I have a few large diameter ones I use for edge jointing on the router table. 
Often, I'll need a mortise that can only be made in two passes with guides. That's where the smaller diameter one's are handy. I like the plunge type, where the cutters extend a bit beyond the end of the tool.
But, in all honesty, I think the variety of straight ones (especially without bearings) are often included to pad the number of bits offered in the set.
I've always bought bits singly for specific applications. The only exceptions being rail and style and raised panel sets.


----------



## Mike (Nov 22, 2004)

Darryl, beyond the obvious width for a dado or slot you can use your bits with guide bushings for following templates. The bit diameter will effect the corner radius on a square pattern or the curves possible. The larger the bit diameter, the bigger the bite it takes out of the wood and the faster it evacuates chips. This is important to understand for a couple reasons.
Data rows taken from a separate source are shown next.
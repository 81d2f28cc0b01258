-- ===== src/RoundTrip/HexFile.antt =====
-- The whole hex file: the disassembler's image is the assembler's code buffer.
use mathlib.Core.Path.{subst, sym}
use rsd_m.Base.{
  ℕ, zero, suc, ◌+◌, ◌*◌, ◌/◌, ◌%◌, ◌^◌, ◌≤◌, ◌<◌, ◌≡◌, refl, sym, ◌⊎◌, inl, inr, true, some, arith,
  ltb, lt→ltb,
}
use rsd_m.Base.Word.{add32}
use rsd_m.Base.Bits.{and_high, or_bytes}
use rsd_m.Asm.State.{State}
use rsd_m.Asm.Code.{read32, store32, max_code_bytes}
use rsd_m.Asm.Code.Memory.{byte_at, store32_frame}
use rsd_m.Asm.Program.{hex_line, hex_lines, hex_end, write_hex}
use rsd_m.Dis.HexIn.{Image, max_code, put_word, put_words, read_line, read_lines, blank, read_hex}
use rsd_m.RoundTrip.HexLines.{line_words, read_line-hex_line}

-- A buffer of bytes.
abbrev pub IsBytes : (ℕ → ℕ) → Type 0
IsBytes code = (q : ℕ) → code q < 256

-- From `lo` to `hi` the bytes come from `source`; all else is as before.
Copies : (ℕ → ℕ) → (ℕ → ℕ) → (ℕ → ℕ) → ℕ → ℕ → Type 0
Copies source before after lo hi =
    (q : ℕ) → (lo ≤ q → q < hi → after q ≡ source q) × ((q < lo) ⊎ (hi ≤ q) → after q ≡ before q)

Copies-join :
    (source before between after : ℕ → ℕ) (lo mid hi : ℕ)
    → lo ≤ mid
    → mid ≤ hi
    → Copies source before between lo mid
    → Copies source between after mid hi
    → Copies source before after lo hi
unfolding Copies
Copies-join source before between after lo mid hi hl hm first second q =
    let (a, b) = first q in let (c, d) = second q in (λ x y. grind arith, λ x. grind arith)

read32_sum :
    (code : ℕ → ℕ) (p : ℕ)
    → IsBytes code
    → read32 code p ≡ code p + code (p + 1) * 2 ^ 8 + code (p + 2) * 2 ^ 16 + code (p + 3) * 2 ^ 24
unfolding read32
read32_sum code p h =
    or_bytes (code p) (code (p + 1)) (code (p + 2)) (code (p + 3)) (h p) (h (p + 1)) (h (p + 2))

pub read32-bound : (code : ℕ → ℕ) → IsBytes code → (p : ℕ) → read32 code p < 2 ^ 32
read32-bound code h p = omega (arith, read32_sum code p h, h p, h (p + 1), h (p + 2), h (p + 3))

-- A place in a word is one of four.
place-cases : (p q : ℕ) → p ≤ q → q < p + 4 → (q ≡ p) ⊎ (q ≡ p + 1) ⊎ (q ≡ p + 2) ⊎ (q ≡ p + 3)
place-cases p q l h = ground arith

store32-Copies :
    (source code : ℕ → ℕ) (p : ℕ)
    → IsBytes source
    → Copies source code (store32 code p (read32 source p)) p (p + 4)
unfolding Copies
store32-Copies source code p h q =
    let (b0, b1, b2, b3) = byte_at code p (read32 source p) in
    let sum = read32_sum source p h in
    let h0 = h p in
    let h1 = h (p + 1) in
    let h2 = h (p + 2) in
    let h3 = h (p + 3) in
    (
      λ x y. elim (place-cases p q x y) [
        | inl e ↦ rw (e, b0) (omega (arith, sum))
        | inr (inl e) ↦ rw (e, b1) (omega (arith, sum))
        | inr (inr (inl e)) ↦ rw (e, b2) (omega (arith, sum))
        | inr (inr (inr e)) ↦ rw (e, b3) (omega (arith, sum))
      ],
      λ x. store32_frame code p (read32 source p) q x,
    )

put_word-Copies :
    (source : ℕ → ℕ) (m : Image) (p hi : ℕ)
    → IsBytes source
    → hi ≤ max_code
    → hi ≡ p + 4
    → Copies source m.code (put_word m p (read32 source p)).code p hi
unfolding put_word store32
put_word-Copies source m p hi h l e =
    let room : ltb (add32 p 3) max_code ≡ true =
      lt→ltb (add32 p 3) max_code (omega (arith, l, e)) in
    let inside : ltb p max_code ≡ true = lt→ltb p max_code (omega (arith, l, e)) in
    rw (room, inside, e) (store32-Copies source m.code p h)

put_words-Copies :
    (source : ℕ → ℕ) (m : Image) (a : ℕ)
    → IsBytes source
    → a + 16 ≤ max_code
    → Copies source m.code (put_words m a (some (line_words source a))).code a (a + 16)
unfolding put_words
put_words-Copies source m a h l =
    let m0 = put_word m a (read32 source a) in
    let m1 = put_word m0 (a + 4) (read32 source (a + 4)) in
    let m2 = put_word m1 (a + 8) (read32 source (a + 8)) in
    let m3 = put_word m2 (a + 12) (read32 source (a + 12)) in
    let a4 : add32 a 4 ≡ a + 4 = omega (arith, l) in
    let a8 : add32 a 8 ≡ a + 8 = omega (arith, l) in
    let a12 : add32 a 12 ≡ a + 12 = omega (arith, l) in
    let c1 =
      Copies-join source m.code m0.code m1.code a (a + 4) (a + 8) (omega arith) (omega arith)
        (put_word-Copies source m a (a + 4) h (omega (arith, l)) (omega arith))
        (put_word-Copies source m0 (a + 4) (a + 8) h (omega (arith, l)) (omega arith)) in
    let c2 =
      Copies-join source m.code m1.code m2.code a (a + 8) (a + 12) (omega arith) (omega arith) c1
        (put_word-Copies source m1 (a + 8) (a + 12) h (omega (arith, l)) (omega arith)) in
    rw (a4, a8, a12)
      (Copies-join source m.code m2.code m3.code a (a + 12) (a + 16) (omega arith) (omega arith) c2
        (put_word-Copies source m2 (a + 12) (a + 16) h (omega (arith, l)) (omega arith)))

Copies-none : (source code : ℕ → ℕ) (lo hi : ℕ) → hi ≤ lo → Copies source code code lo hi
unfolding Copies
Copies-none source code lo hi h q = (λ x y. absurd (omega (arith, h, x, y)), λ x. refl)

hex_lines-Copies :
    (n : ℕ) (source : ℕ → ℕ) (m : Image) (a hi : ℕ)
    → IsBytes source
    → hi ≤ max_code
    → hi ≡ a + n * 16
    → Copies source m.code (read_lines m a (hex_lines n source a)).code a hi
unfolding hex_lines read_lines
hex_lines-Copies zero source m a hi h l e = Copies-none source m.code a hi (omega (arith, e))
hex_lines-Copies (suc n) source m a hi h l e =
    let m1 = read_line m a (hex_line source a) in
    let next : add32 a 16 ≡ a + 16 = omega (arith, l, e) in
    let first : Copies source m.code m1.code a (a + 16) =
      rw (read_line-hex_line m a source (read32-bound source h))
        (put_words-Copies source m a h (omega (arith, l, e))) in
    subst (λ x. Copies source m.code (read_lines m1 x (hex_lines n source (a + 16))).code a hi)
      (sym next)
      (Copies-join source m.code m1.code (read_lines m1 (a + 16) (hex_lines n source (a + 16))).code
        a (a + 16) hi (omega arith) (omega (arith, e)) first
        (hex_lines-Copies n source m1 (a + 16) hi h l (omega (arith, e))))

-- The end of the file is a multiple of 16, and leaves nothing out.
pub hex_end-bounds :
    (n : ℕ)
    → n ≤ max_code_bytes
    → (hex_end n % 16 ≡ 0) × (n ≤ hex_end n) × (hex_end n ≤ max_code_bytes)
unfolding hex_end
hex_end-bounds n h = ground (arith, and_high 4 28 ((n + 15) % 2 ^ 32))

-- The file goes past the first 64 KB.
pub hex_end-least : (n : ℕ) → 65552 ≤ hex_end n
unfolding hex_end
hex_end-least n = ground arith

-- The disassembler reads back what the assembler wrote. For a buffer of bytes whose use ends
-- within it, the file is long enough for `max_phy`; up to the file's end every byte of the image
-- is the assembler's, and from there on it is the filler.
pub read_hex-write_hex :
    (s : State)
    → IsBytes s.code
    → s.max_phy ≤ max_code_bytes
    → (s.max_phy ≤ hex_end s.max_phy)
      × ((q : ℕ) → q < hex_end s.max_phy → (read_hex (write_hex s)).code q ≡ s.code q)
      × ((q : ℕ) → hex_end s.max_phy ≤ q → (read_hex (write_hex s)).code q ≡ 0xcd)
unfolding read_hex write_hex Copies
read_hex-write_hex s hb hm =
    let (e16, low, high) = hex_end-bounds s.max_phy hm in
    let n = hex_end s.max_phy / 16 in
    let all = hex_lines-Copies n s.code blank 0 (hex_end s.max_phy) hb high (omega (arith, e16)) in
    (low, λ q l. (all q).0 (omega arith) l, λ q l. (all q).1 (inr l))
Smaller diameter bits require a slower feed speed since they do not remove as much material and take longer to evacuate the chips. 
In the same way a thin kerf saw blade removes less material than a standard kerf it is like increasing the power with the same motor. A smaller diameter bit will reduce problems in wood prone to tear out. We remove wood in multiple passes, usually about 1/4"(6 mm) at a time for best results. That is how much of the bit will dull. Shorter bits cost less to sharpen or replace. The majority of dado cuts will be 3/8"(10 mm) so a 1/2"(12 mm) bit length is plenty. Edge work and mortises requires longer bits.


----------



## darsev (Feb 3, 2012)

Thanks all of you, particularly Mike. That gives me a better basis for selecting bits rather than gut feel.

Darryl


----------